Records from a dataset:
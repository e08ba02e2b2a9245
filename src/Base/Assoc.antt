-- ===== src/Base/Assoc.antt =====
-- Go maps with number keys, as association lists.
use mathlib.Core.Path.{◌≡◌, refl, subst}
use mathlib.Core.List.{List, [], ◌∷◌}
use mathlib.Core.Option.{Option, none, some, some-injective}
use Prim.Native.Nat.{ℕ}
use native.Mathlib.Omega.{arith}
use amp_host_go.Base.Tests.{◌==◌, if◌then◌else◌, Bool-cases, ==_iff}
use mathlib.Core.Logic.{◌≢◌, inl, inr}
use amp_host_go.Base.Lists.{All}

module _ {ℓ} {V : Type ℓ} where
  unfoldable pub lookup : ℕ → List (ℕ × V) → Option V
  lookup k [] = none
  lookup k ((j, v) ∷ m) = if j == k then some v else lookup k m

  unfoldable pub delete : ℕ → List (ℕ × V) → List (ℕ × V)
  delete k [] = []
  delete k ((j, v) ∷ m) = if j == k then delete k m else (j, v) ∷ delete k m

  unfoldable pub insert : ℕ → V → List (ℕ × V) → List (ℕ × V)
  insert k v m = (k, v) ∷ delete k m

  pub lookup-delete :
      (k j : ℕ) (m : List (ℕ × V)) → lookup j (delete k m) ≡ (if k == j then none else lookup j m)
  unfolding lookup delete
  lookup-delete k j [] = ground arith
  lookup-delete k j ((i, w) ∷ m) = ground (arith, lookup-delete k j m)

  pub lookup-insert :
      (k j : ℕ) (v : V) (m : List (ℕ × V))
      → lookup j (insert k v m) ≡ (if k == j then some v else lookup j m)
  unfolding lookup insert
  lookup-insert k j v m = ground (arith, lookup-delete k j m)

  pub delete-absent : (k : ℕ) (m : List (ℕ × V)) → lookup k m ≡ none → delete k m ≡ m
  unfolding lookup delete
  delete-absent k [] e = refl
  delete-absent k ((j, v) ∷ m) e = ground (arith, delete-absent k m)

module _ {V : Type 0} where
  -- No key stands twice.
  abbrev pub IsDistinct : List (ℕ × V) → Type 0
  IsDistinct [] = Unit
  IsDistinct (e ∷ m) = (lookup e.0 m ≡ none) × IsDistinct m

  pub IsDistinct-delete : (k : ℕ) (m : List (ℕ × V)) → IsDistinct m → IsDistinct (delete k m)
  unfolding delete
  IsDistinct-delete k [] d = tt
  IsDistinct-delete k ((j, v) ∷ m) d =
      ground (arith, IsDistinct-delete k m d.1, lookup-delete k j m)

  pub IsDistinct-insert :
      (k : ℕ) (v : V) (m : List (ℕ × V)) → IsDistinct m → IsDistinct (insert k v m)
  unfolding insert
  IsDistinct-insert k v m d = (ground (arith, lookup-delete k k m), IsDistinct-delete k m d)

  pub All-delete {κ} :
      (P : ℕ × V → Type κ) (k : ℕ) (m : List (ℕ × V)) → All P m → All P (delete k m)
  unfolding delete
  All-delete P k [] a = tt
  All-delete P k ((j, v) ∷ m) a = ground (arith, a.0, All-delete P k m a.1)

  -- An entry that is looked up satisfies what all do.
  pub All-lookup {κ} :
      (P : ℕ × V → Type κ) (k : ℕ) (v : V) (m : List (ℕ × V))
      → All P m
      → lookup k m ≡ some v
      → P (k, v)
  unfolding lookup
  All-lookup P k v [] a e = absurd (cc e)
  All-lookup P k v ((j, w) ∷ m) a e = elim (Bool-cases (j == k)) [
    | inl t ↦
        let same_key : j ≡ k = (==_iff j k).0 t in
        let same : w ≡ v = some-injective _ _ (rw t at e) in
        subst (λ x. P (x, v)) same_key (subst (λ x. P (j, x)) same a.0)
    | inr f ↦ All-lookup P k v m a.1 (rw f at e)
  ]

  -- What survives a deletion had another key.
  pub delete-ne {κ} :
      (P : ℕ × V → Type κ) (k : ℕ) (m : List (ℕ × V))
      → All (λ e. (e.0 ≢ k) → P e) m
      → All P (delete k m)
  unfolding delete
  delete-ne P k [] a = tt
  delete-ne P k ((j, v) ∷ m) a = elim (Bool-cases (j == k)) [
    | inl t ↦ rw t (delete-ne P k m a.1)
    | inr f ↦ rw f (a.0 (λ e. ground arith), delete-ne P k m a.1)
  ]
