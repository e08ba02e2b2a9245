-- ===== src/Assets/Server.antt =====
-- amp/assets/assetServer.go: the table of published assets. A call of PublishAsset takes two steps,
-- the start of the asset's context and the entry into the table, since the context can close in
-- between. An asset ID is a number, and an asset is named by its place among those whose context was
-- started.
pub mod Table
pub mod Entries
pub mod Served
use amp_host_go.Base.{
  ℕ, Bool, true, false, not, ◌&&◌, ◌||◌, Option, none, some, List, [], ◌∷◌, ◌++◌, if◌then◌else◌,
  length, get_elem?, set,
}
use amp_host_go.Base.Assoc.{lookup, insert, delete}

pub record Publication : Type 0 where
  pub asset_id : ℕ
  pub is_entered : Bool
  pub is_closed : Bool
  -- the context had closed when the entry was made
  pub was_late : Bool

pub record HttpServer : Type 0 where
  pub assets : List (ℕ × ℕ)
  pub publications : List Publication
  -- the publications whose OnExpired was called, latest first
  pub expired : List ℕ

-- StartChild succeeds.
unfoldable pub start_asset : ℕ → HttpServer → HttpServer
start_asset asset_id s = record s {
  publications =
      s.publications
      ++ record { asset_id = asset_id; is_entered = false; is_closed = false; was_late = false }
        ∷ [];
}

unfoldable pub enter_asset : ℕ → HttpServer → HttpServer
enter_asset p s = elim (get_elem? s.publications p) [
  | none ↦ s
  | some x ↦ if x.is_entered then s else record s {
    assets = insert x.asset_id p s.assets;
    publications = set s.publications p (record x { is_entered = true; was_late = x.is_closed });
  }
]

-- OnClosing of the asset's context, which runs once. OnExpired is taken to be set.
unfoldable pub close_asset : ℕ → HttpServer → HttpServer
close_asset p s = elim (get_elem? s.publications p) [
  | none ↦ s
  | some x ↦ if x.is_closed then s else record {
    assets = delete x.asset_id s.assets;
    publications = set s.publications p (record x { is_closed = true });
    expired = p ∷ s.expired;
  }
]

-- The asset that a request is answered with; `none` is NotFound.
unfoldable pub handle_asset : ℕ → HttpServer → Option ℕ
handle_asset asset_id s = lookup asset_id s.assets

pub data AssetEvent : Type 0 where
  starts enters closes : ℕ → AssetEvent

unfoldable pub asset_step : AssetEvent → HttpServer → HttpServer
unfolding start_asset enter_asset close_asset
asset_step (starts asset_id) s = start_asset asset_id s
asset_step (enters p) s = enter_asset p s
asset_step (closes p) s = close_asset p s

unfoldable pub asset_run : List AssetEvent → HttpServer → HttpServer
unfolding asset_step
asset_run [] s = s
asset_run (e ∷ es) s = asset_run es (asset_step e s)

abbrev pub no_assets : HttpServer
no_assets = record { assets = []; publications = []; expired = [] }
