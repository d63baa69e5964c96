-- ===== src/Dogstatsd/Address.antt =====
-- dogstatsd.py: mapto_v6 and get_socket_address. The conversions and the resolver of the socket library
-- are parameters.
use mathlib.Core.Logic.{ite}
use dd_agent.Prelude.{
  ℕ, Option, none, some, List, [], ◌∷◌, ◌++◌, Bool, true, false, not, ◌&&◌, if◌then◌else◌,
}
use dd_agent.Prelude.Text.{Text, Text-discrete, codes}

pub data Family : Type 0 where
  inet inet6 : Family

abbrev pub is_inet : Family → Bool
is_inet inet = true
is_inet inet6 = false

-- A socket address: a host and a port, and for IPv6 two more numbers. The host may be None.
pub record SockAddr : Type 0 where
  pub host : Option Text
  pub port : ℕ
  pub rest : Option (ℕ × ℕ)

-- Does inet_pton accept the address, and what does getaddrinfo find? `none` is a gaierror.
pub record Sockets : Type 0 where
  pub inet_pton : Family → Text → Bool
  pub getaddrinfo : Text → ℕ → Family → Option (List (Family × SockAddr))

pub data Address : Type 0 where
  address : SockAddr → Address
  nothing : Address
  index_error : Address

module _ (sockets : Sockets) where
  open sockets use {inet_pton, getaddrinfo}

  unfoldable pub mapto_v6 : Text → Option Text
  mapto_v6 addr =
      if inet_pton inet addr
      then some (codes "::ffff:" ++ addr)
      else if inet_pton inet6 addr
      then some addr
      else none

  -- the answer of the resolver, with the two fallbacks
  unfoldable pub resolve : Text → ℕ → Bool → Option (List (Family × SockAddr))
  unfolding Text-discrete
  resolve host port ipv4_only = elim (getaddrinfo host port inet) [
    | some info ↦ some info
    | none ↦
        if not ipv4_only
        then getaddrinfo host port inet6
        else ite (Text-discrete host (codes "localhost"))
            (getaddrinfo (codes "127.0.0.1") port inet) none
  ]

  -- mapto_v6 of a host
  abbrev mapped : Option Text → Option Text
  mapped none = none
  mapped (some h) = mapto_v6 h

  unfoldable pub get_socket_address : Text → ℕ → Bool → Address
  unfolding resolve mapto_v6
  get_socket_address host port ipv4_only = elim (resolve host port ipv4_only) [
    | none ↦ nothing
    | some [] ↦ index_error
    | some ((family, a) ∷ _) ↦
        if is_inet family && not ipv4_only
        then address (record { host = mapped a.host; port = a.port; rest = some (0, 0) })
        else address a
  ]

Work instructions: Exactly and exclusively, repeat the lines from the line that contains "then some (codes" through the end of the records, both ends included.

Output for this task:
      then some (codes "::ffff:" ++ addr)
      else if inet_pton inet6 addr
      then some addr
      else none

  -- the answer of the resolver, with the two fallbacks
  unfoldable pub resolve : Text → ℕ → Bool → Option (List (Family × SockAddr))
  unfolding Text-discrete
  resolve host port ipv4_only = elim (getaddrinfo host port inet) [
    | some info ↦ some info
    | none ↦
        if not ipv4_only
        then getaddrinfo host port inet6
        else ite (Text-discrete host (codes "localhost"))
            (getaddrinfo (codes "127.0.0.1") port inet) none
  ]

  -- mapto_v6 of a host
  abbrev mapped : Option Text → Option Text
  mapped none = none
  mapped (some h) = mapto_v6 h

  unfoldable pub get_socket_address : Text → ℕ → Bool → Address
  unfolding resolve mapto_v6
  get_socket_address host port ipv4_only = elim (resolve host port ipv4_only) [
    | none ↦ nothing
    | some [] ↦ index_error
    | some ((family, a) ∷ _) ↦
        if is_inet family && not ipv4_only
        then address (record { host = mapped a.host; port = a.port; rest = some (0, 0) })
        else address a
  ]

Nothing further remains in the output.